9.8.3. Choosing the sample time
The time between 2 computations of the control value is defined as sample time. The smaller the sample time the more often the control value is calculated. As a rule of thumb you can keep in mind that the sample time should not be higher than one tenth of the smallest time constant in the closed control loop. Experiences have shown that the following values achieved useful results (stable control) with the appropriate devices.
Application |
Sample Time (ms) |
---|---|
Qmix Q+ |
500 |
Pressure control using Nemesys and Qmix P |
50 |
Tip
For the sample time choose values that are less than or equal to 1/10 of the smallest time constant occurring in the control loop.

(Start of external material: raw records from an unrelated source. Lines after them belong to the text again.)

-- ===== src/Resources/Events.antt =====
-- An executor with its outstanding permits, and what happens to it, in the order of its mutex.
use distributed_workbench.Base.{ℕ, Str, List, ◌∷◌, Result, Option, suc, ok, err, [], zero}
use distributed_workbench.Json.{Value}
use distributed_workbench.Protocol.{RpcError}
use distributed_workbench.Resources.{Store, Env}
use distributed_workbench.Resources.Commands.{command}
use distributed_workbench.Resources.Permits.{drop_permit, begin}

-- A permit that is given back, or a call of `command` or `begin`.
pub data Event : Type 0 where
  begins : (clock : Str → ℕ) (io : Option Str) (resources : List Str) (grants : List Value) → Event
  drops : (n : ℕ) (io : Option Str) → Event
  commands : Env → (action : Str) (params : Value) → Event

-- The executor with the permits that are outstanding.
pub record Executor : Type 0 where
  pub store : Store
  pub permits : List (List Str)

abbrev pub nth : ℕ → List (List Str) → List Str
nth n [] = []
nth zero (p ∷ ps) = p
nth (suc n) (p ∷ ps) = nth n ps

abbrev pub drop_nth : ℕ → List (List Str) → List (List Str)
drop_nth n [] = []
drop_nth zero (p ∷ ps) = ps
drop_nth (suc n) (p ∷ ps) = p ∷ drop_nth n ps

abbrev pub admit : List (List Str) → Result RpcError (List Str) × Store → Executor
admit ps (ok p, s) = record { store = s; permits = p ∷ ps }
admit ps (err e, s) = record { store = s; permits = ps }

module _ (sha : Str → Str) where
  unfoldable pub react : Executor → Event → Executor
  react x (begins clock io resources grants) =
      admit x.permits (begin sha x.store clock io resources grants)
  react x (drops n io) = record {
    store = drop_permit sha io (nth n x.permits) x.store;
    permits = drop_nth n x.permits;
  }
  react x (commands env action params) = record x {
    store = (command sha x.store env action params).1;
  }

  unfoldable pub run_events : Executor → List Event → Executor
  run_events x [] = x
  run_events x (e ∷ es) = run_events (react x e) es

9.8.4. Setting the control value limits
You can limit the minimum (Umin) and the maximum (Umax) control value of the controllers. The control value should have a sufficient stroke in order to reach the desired setpoint values. But you should also take care not to damage the controlled system by choosing to large control value limits. (e.g. too high flow rate of a neMESYS dosing module in a pressure controlled system leads to damage of the fluidic system) You should test the control value limits by temporarily acting with them on your controlled system. (e.g. dose with a Nemesys pump using a flowrate equal to the control value limit) Futhermore you have to choose a value assumed by the controller if the control channel is disabled (Udisabled) which is usually zero.
Attention
Insufficient limitation of the control value can lead to damage of the controlled system.
9.8.5. Determination of PI parameters
A temperature control system usually makes up a delay line containing one or more delay time constants. It can often be approximated by a first-order delay line. The appropriate step response function is:
Setting the controller parameters targets the compensation of the delay time constant T1and adapting the controller gain Kp in order to reach an efficient control behaviour. In practice T1is often unknown, but you can gradually approach to a useful result using the following procedure.
Choose the values for Sample Time, Umin, Umax und Udisabled according to the recommendations in the previous sections. Disable the differential and integral share by setting the controller time constants to 0. This leads to a simplified controller equation.
\[U = {K_{p} \cdot e}\]Set a moderate value for the proportional gain. Keep in mind that by means of Kp the control error immediately impacts the control value. Choosing a too big value for Kpcan drive the controller into saturation.
Give a setpoint step to your control loop, i.e. by changing the setpoint temperature from room temperature to 50°C and activating the control channel. (see section Entering setpoint and Switching control devices on / off)
Providing a first-order delay line the actual value will behave according to the following figure.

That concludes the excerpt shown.